Ich bekomms auf jedenfall nicht hin ohne alles umzuwerfen... vielleicht weis einer von euch wie das geht. Aber bedenkt das ich kein Profi bin xD. Ist mein erstes Spiel :bae:
Aber en bissl blicken tu ich es, sonst wäre ich nicht so weit . Ich denke auch, das es ein mini Fehler ist, und mir nur das know How fehlt das zu blicken wie der wegzumachen ist.  :rtfm:


----------



## Spacerat (26. Aug 2009)

Ein Fullscreen-Frame hat standardmässig Höhe und Breite der aktuell eingestellten Bildschirmgrösse. die Werte sollten mit "getSize()" usw. auch gelesen werden können. Soweit ich weiss kann die Grösse im FSEM jedoch nicht explizit gesetzt werden. Um die Fullscreen-Grösse zu ändern muss die Klasse DisplayMode verwendet werden. Hab' mich mit der FSEM-Problematik aber auch nur recht kurz befasst und das ist auch schon länger her.


----------



## radiac (26. Aug 2009)

Ja, das hab ich eben auch gemerkt, als ich mir das mal hab auslesen lassen...


aber wieso bekomme ich dann eine Exception das etwas keinen Wert hat obwohl es doch dran steht?

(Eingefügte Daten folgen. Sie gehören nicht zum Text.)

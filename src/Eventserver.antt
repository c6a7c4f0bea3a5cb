-- ===== src/Eventserver.antt =====
-- The listener for the ledger's events (eventserver/).
pub mod Queue
pub mod Progress
pub mod Recover
pub mod Filter
pub mod Listen
pub mod Alias
pub mod Main
mod Tests
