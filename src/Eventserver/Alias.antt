-- ===== src/Eventserver/Alias.antt =====
-- eventserver/handle/filterevent.go: the user's alias, from the configuration and from RabbitMQ.
pub mod Turns
pub mod Last
use Prim.Native.String.{◌++◌, len, slice}
use text.Mathlib.Text.{starts_with}
use test_fabric.Base.{
  ℕ, zero, suc, ◌+◌, ◌-◌, ◌%◌, ◌^◌, String, Bool, true, false, ◌||◌, not, Option, none, some, List,
  [], ◌∷◌, Error, Result, ok, err, State, ◌==◌, if◌then◌else◌, ltb, nat_eq, length, get_elem?,
}
use test_fabric.Base.Go.{Go, ◌>>=◌, ◌>>◌, pure, call, or_panic}

abbrev pub prefix_user_alias : String
prefix_user_alias = "user_alias:"

-- SetUserAliasWithFile on the variable `userAlias`.
abbrev pub set_user_alias_with_file : String → String → String
set_user_alias_with_file alias user_alias = if alias == "" then user_alias else alias

-- The shell, fmt's `%q`, and the client of RabbitMQ (streadway/amqp) that listens. The messages of a
-- consumer are those that come until its channel is closed.
pub record Consumer (World : Type 0) : Type 1 where
  pub quote : String → String
  pub run_bash : String → State World (Option Error)
  pub Connection : Type 0
  pub Channel : Type 0
  pub Queue : Type 0
  pub dial : String → State World (Result Connection)
  pub open_channel : Connection → State World (Result Channel)
  pub qos : Channel → State World (Option Error)
  pub declare : Channel → String → State World (Result Queue)
  pub consume : Channel → Queue → State World (Result (List String))

-- `strings.HasSuffix(path, "/")`
abbrev pub ends_with_slash : String → Bool
ends_with_slash path = slice path (len path - 1) (len path) == "/"

abbrev pub config_file_path : String → String → String
config_file_path path file =
    if ends_with_slash path then path ++ file ++ ".yaml" else path ++ "/" ++ file ++ ".yaml"

abbrev pub sed_command : String → String → String
sed_command alias target = "$(sed 's/^    alias.*/    alias: " ++ alias ++ "/g' " ++ target ++ ")"

-- What is behind the prefix of a message, none if it has another start.
abbrev pub alias_in : String → Option String
alias_in body =
    if starts_with body prefix_user_alias
    then some (slice body (len prefix_user_alias) (len body))
    else none

-- `mqAddrs[(tryNum-1)%addrsNum]` behind the increment of `tryNum`, an int of 64 bits that is kept
-- modulo 2 ^ 64; the remainder of a negative number is 0 or negative.
abbrev pub next_try : ℕ → ℕ
next_try tries = (tries + 1) % 2 ^ 64

abbrev pub addr_index : ℕ → ℕ → Option ℕ
addr_index try_num addrs_num =
    let before = (try_num + (2 ^ 64 - 1)) % 2 ^ 64 in
    if ltb before (2 ^ 63)
    then some (before % addrs_num)
    else if nat_eq ((2 ^ 64 - before) % addrs_num) 0
    then some 0
    else none

abbrev pub elem_at : List String → Option ℕ → Option String
elem_at addrs none = none
elem_at addrs (some i) = get_elem? addrs i

module _ {World : Type 0} (consumer : Consumer World) where
  open consumer use {
    quote, run_bash, Connection, Channel, Queue, dial, open_channel, qos, declare, consume,
  }

  abbrev pub ran : Option Error → Bool
  ran none = true
  ran (some e) = false

  -- The shell is to evaluate the command in the text that echo prints.
  abbrev pub echo_command : String → String → String
  echo_command alias target = "echo " ++ quote (sed_command alias target) ++ " > " ++ target

  unfoldable pub set_user_alias : String → String → String → Go World Bool
  set_user_alias config_path config_file alias = if alias == "" then pure false else (do
    failed ← call (run_bash (echo_command alias (config_file_path config_path config_file)))
    pure (ran failed))

  module _ (mq_queue config_path config_file : String) where
    -- The loop's body on a message. Whether the file was written makes no difference.
    abbrev pub take_alias : Option String → String → Go World String
    take_alias none user_alias = pure user_alias
    take_alias (some alias) user_alias = do
      set_ok ← set_user_alias config_path config_file alias
      pure alias

    unfoldable pub take_messages : List String → String → Go World String
    take_messages [] user_alias = pure user_alias
    take_messages (body ∷ msgs) user_alias = do
      user_alias ← take_alias (alias_in body) user_alias
      take_messages msgs user_alias

    abbrev pub with_messages : String → Result (List String) → Go World String
    with_messages user_alias (err e) = pure user_alias
    with_messages user_alias (ok msgs) = take_messages msgs user_alias

    abbrev pub with_queue : String → Channel → Result Queue → Go World String
    with_queue user_alias channel (err e) = pure user_alias
    with_queue user_alias channel (ok queue) = do
      msgs ← call (consume channel queue)
      with_messages user_alias msgs

    abbrev pub with_qos : String → Channel → Option Error → Go World String
    with_qos user_alias channel (some e) = pure user_alias
    with_qos user_alias channel none = do
      queue ← call (declare channel mq_queue)
      with_queue user_alias channel queue

    abbrev pub with_channel : String → Result Channel → Go World String
    with_channel user_alias (err e) = pure user_alias
    with_channel user_alias (ok channel) = do
      failed ← call (qos channel)
      with_qos user_alias channel failed

    -- The deferred Close of the connection waits for the end of the endless loop.
    abbrev pub with_connection : String → Result Connection → Go World String
    with_connection user_alias (err e) = pure user_alias
    with_connection user_alias (ok conn) = do
      channel ← call (open_channel conn)
      with_channel user_alias channel

    -- One round of the endless loop, and as many rounds as there are so far: the user's alias.
    unfoldable pub try_address : List String → ℕ → String → Go World String
    try_address mq_addrs try_num user_alias = do
      mq_addr ←
          or_panic (elem_at mq_addrs (addr_index try_num (length mq_addrs))) "index out of range"
      conn ← call (dial mq_addr)
      with_connection user_alias conn

    unfoldable pub try_addresses : ℕ → List String → ℕ → String → Go World String
    try_addresses zero mq_addrs try_num user_alias = pure user_alias
    try_addresses (suc rounds) mq_addrs try_num user_alias = do
      user_alias ← try_address mq_addrs (next_try try_num) user_alias
      try_addresses rounds mq_addrs (next_try try_num) user_alias

    -- GetUserAlias, for as many rounds as its endless loop had so far.
    unfoldable pub get_user_alias : ℕ → List String → String → Go World String
    unfolding try_addresses
    get_user_alias rounds mq_addrs user_alias =
        if nat_eq (length mq_addrs) 0 || mq_queue == "" || config_path == "" || config_file == ""
        then pure user_alias
        else try_addresses rounds mq_addrs 0 user_alias
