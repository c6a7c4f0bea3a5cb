-- ===== src/Eventserver/Alias/Last.antt =====
-- Which alias stays.
use test_fabric.Base.{
  String, ◌≡◌, refl, ◌∙◌, ap, Bool, false, Option, none, some, List, [], ◌∷◌, Bool-cases, inl, inr,
  ◌==◌,
}
use test_fabric.Base.Go.{done, then_run}
use test_fabric.Eventserver.Alias.{Consumer, alias_in, set_user_alias, take_alias, take_messages}

abbrev pub or_old : Option String → String → String
or_old none old = old
or_old (some alias) old = alias

-- The alias of the last message that has one, or the old one.
abbrev pub last_alias : List String → String → String
last_alias [] old = old
last_alias (body ∷ msgs) old = last_alias msgs (or_old (alias_in body) old)

module _ {World : Type 0} (consumer : Consumer World)
    (mq_queue config_path config_file : String) where
  set_user_alias-done :
      (alias : String) (w : World)
      → (b : Bool) × ((set_user_alias consumer config_path config_file alias w).0 ≡ done b)
  unfolding set_user_alias
  set_user_alias-done alias w = elim (Bool-cases (alias == "")) [
    | inl empty ↦ (false, rw empty refl)
    | inr full ↦ rw full (_, refl)
  ]

  take_alias-done :
      (found : Option String) (old : String) (w : World)
      → (take_alias consumer mq_queue config_path config_file found old w).0
        ≡ done (or_old found old)
  take_alias-done none old w = refl
  take_alias-done (some alias) old w = let (b, ended) = set_user_alias-done alias w in rw ended refl

  -- Taking the messages of a queue ends with the alias of the last message that has the prefix,
  -- whether or not an alias could be written to the configuration; if no message has it, the old
  -- alias stays. It does not panic.
  pub take_messages-last_alias :
      (msgs : List String) (old : String) (w : World)
      → (take_messages consumer mq_queue config_path config_file msgs old w).0
        ≡ done (last_alias msgs old)
  unfolding take_messages
  take_messages-last_alias [] old w = refl
  take_messages-last_alias (body ∷ msgs) old w =
      let taken = take_alias consumer mq_queue config_path config_file (alias_in body) old w in
      ap
        (λ r. (then_run (take_messages consumer mq_queue config_path config_file msgs) r taken.1).0)
        (take_alias-done (alias_in body) old w)
      ∙ take_messages-last_alias msgs (or_old (alias_in body) old) taken.1
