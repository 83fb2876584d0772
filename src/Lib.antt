-- ===== src/Lib.antt =====
-- The game server of Minnsun's Adventure (server/): its entity component system, the transfer of
-- entities between maps, and the game systems and packages that the model has reached so far.
--
-- Parts and files
--   Common: shared names, Boolean tests, lists, integers (Go's int as a wrapped 64-bit integer), Go
--     maps as tables (read and written) and as entry lists (ranged over).
--   Ecs.Entity: server/ecs/ecs.go, Entity, recycleEntityID, PopRecycledEntityID, NewEntity; also
--     AllocateEntityID of server/world/partition.go. The free list is shared by all registries, so it
--     is passed beside the registry's counter.
--   Ecs.Store: server/ecs/ecs.go, ComponentStore (Set, Get, Delete). Pages are lists of int32 bit
--     patterns, and the int32 arithmetic of the code is written out.
--   Ecs.Components, Ecs.Registry: the component records and RemoveEntity. The registry uses each
--     store as the map that Ecs.Store.Refine shows it to be.
--   World.Transfer: server/world/partition.go, processTransfer2PC, serializeEntity and
--     deserializeEntity. A map worker is its registry, its grid positions and its AOI radii.
--   Game.Trade: server/game/trade.go. A result of none stands for a panic on a nil session.
--   Game.Party: server/game/party.go and party_invite.go. The tick is an argument.
--   Peakgo.Timer: TickTimer of server/peakgo/timer/timer.go.
--   Peakgo.Fsm: server/peakgo/fsm/fsm.go. Hooks are pure guards, given as functions.
--   Game.MonsterFsm: server/game/ai_fsm.go, on top of Peakgo.Fsm.
--   Peakgo.RateLimit: server/peakgo/ratelimit/ratelimit.go. Calls run one at a time.
--   Peakgo.Breaker: server/peakgo/circuitbreaker/circuitbreaker.go. What an attempt and the append to
--     the log return, and when, are arguments.
--   Peakgo.Codec: server/peakgo/codec/codec.go. A buffer is its bytes, and a panic on a short one is none.
--   Peakgo.Netio: server/peakgo/netio/packet.go and BytesPool of server/peakgo/pool/pool.go. A
--     connection is the pieces that its reads return and the error after them.
--   Network.Router: server/network/router.go, the loop of HandleClient, on Peakgo.Netio and
--     Peakgo.RateLimit; of server/network/handlers.go, that handleQuit closes the connection. The
--     calls of DispatchPacket are its result; the ticks are an argument.
--   Peakgo.Anticheat: server/peakgo/anticheat/anticheat.go and server/peakgo/gmath/gmath.go. The
--     checks on floating-point ranges are left out.
--   Peakgo.Threat: server/peakgo/threat/threat.go. The heap is the array of 64 indices, and a panic is none.
--   Peakgo.Combat: server/peakgo/combat/combat.go, with the numbers that Intn draws as an argument
--     (Peakgo.Rng, server/peakgo/rng/rng.go).
--   Peakgo.Loot: server/peakgo/loot/loot.go and server/game/loot.go.
--   Peakgo.SkillData: server/peakgo/skilldata/skilldata.go.
--   Game.Decimal: the decimal printers of server/game/combat.go.
--   Game.State, Game.Items: server/game/item.go, item_usage.go, equipment.go, stat_engine.go, pickup.go and
--     ground_item.go, with IsInRange of server/peakgo/spatial/proximity.go.
--   Ecs.Accumulator: server/ecs/combat_accumulator.go, with its pointers into a heap, and flushCombatBuffer of
--     server/world/worker.go. The order of Go's loop over the map is an argument.
--   Ecs.Commands: server/ecs/commands.go.
--   Game.Progression: server/game/progression.go. The curve is an argument.
--   Game.Death: DeathSystem of server/game/combat.go, server/game/respawn.go and server/models/monster.go.
--   Game.Effects: server/game/effects_system.go. A loop over a store keeps the store's read lock, so that a
--     write to the same store inside it blocks (Locked of Game.State; also the decay in Game.Items).
--   Game.Attack: AttackSystem and DamageSystem of server/game/combat.go, on top of Peakgo.Combat, Peakgo.Loot,
--     Ecs.Accumulator and Game.Death.
--
-- How the parts interact: the game systems read and write the registry's tables and draw new IDs from
-- Ecs.Entity; the transfer moves components between two registries and releases the ID; the monsters'
-- machines and the AI components use Peakgo.Fsm and Peakgo.Timer.
--
-- Bounds: a dense array stays below 2^31 places, the range of the int32 cells; indices of entities
-- below 2^32; offers and bags below 2^62 pieces, so that two of them add up within an int64. Loops are
-- structural recursion, or run on fuel with a theorem that the fuel given is enough: down of the threat
-- tables on the number of entries and one, the chain of prerequisites on the number of
-- skills and one, the loop that reads packets on the number of frames and one, the loop over
-- levels on the experience and two, the loop of digits on the size of the buffer.
--
-- A registry's store is a table by full IDs. Go's sparse sets are that only while no two generations
-- of an index are in one store, which is a condition of Ecs.Store.Refine and of the transfer's frame.
--
-- Not modelled: mutexes (each operation is one step), but for the read lock that a loop over a store
-- keeps, notices, packets and logs, the goroutines and the tick loop, floats, WallTimer, the
-- database, and the client (client/). Components that are not reached yet: movement, the skill pipeline, monster AI, grids, areas of interest, path finding.
pub mod Common
pub mod Ecs
pub mod Game
pub mod Peakgo
pub mod World
pub mod Network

dadruch, das ich dachte, das die Elternklasse ScrollGame(); keine Screen Werte zugewiesen bekommt, hätte ich das Problem gelöst... aber Pustekuchen... 
Es fehlt angeblich immer noch was...

folgendes hat die Exception trotz angegebener parent.getWidht(), usw... ausgegeben:

public boolean intersects(double x, double y, double w, double h) {
	if (isEmpty() || w <= 0 || h <= 0) {
	    return false;
	}
	double x0 = getX();
	double y0 = getY();
	return (x + w > x0 &&
		y + h > y0 &&
		x < x0 + *getWidth*() &&
		y < y0 + *getHeight*());
    }

und die Rot angezeigten Werte seien kleiner als 0???
AUf jedenfall werden diese beanstandet....

???:L:-(


Nachtrag: Hab mal ein Screenshot vom Frame gemacht.
Der erste Wert ist der offiziell eingestellte Wert in der abstracten klasse GamePanel
Und der 2te Wert ist der, der automatisch übernommen wird von der GamePanel zur ScrollGame(main) Methode... die ich via getWidth usw... ausrufen lasse über einen String...

Und das gleiche wird ja auch ausgerufen in der MapDisplay(); über parent.getWidth();

ScrollGame = parent;


HILFE HILFE HILFE!!! ;(

:rtfm:


----------



## Spacerat (26. Aug 2009)

Wofür ist ist dieses rumhantieren mit der Bildschirmgrösse eigentlich nötig? Normalerweise genügt es, dem Frame einen Container (Panel) hinzuzufügen. dieser bekommt vom Standardlayout des Frames definitiv immer die Grösse und Position der Frame-Insets. Das heisst, das er bei "setUndecorated(true)" ebenfalls die Grösse des Screens an Position (0, 0) bekommt. Könntest du vllt. den Quellcode mal komplett posten (z.B. als Archiv)) Dann kann ich mir es ja mal ansehen.


----------



## Spacerat (27. Aug 2009)

Danke für den Code. So sah die Fehlermeldung meines 1. Tests aus...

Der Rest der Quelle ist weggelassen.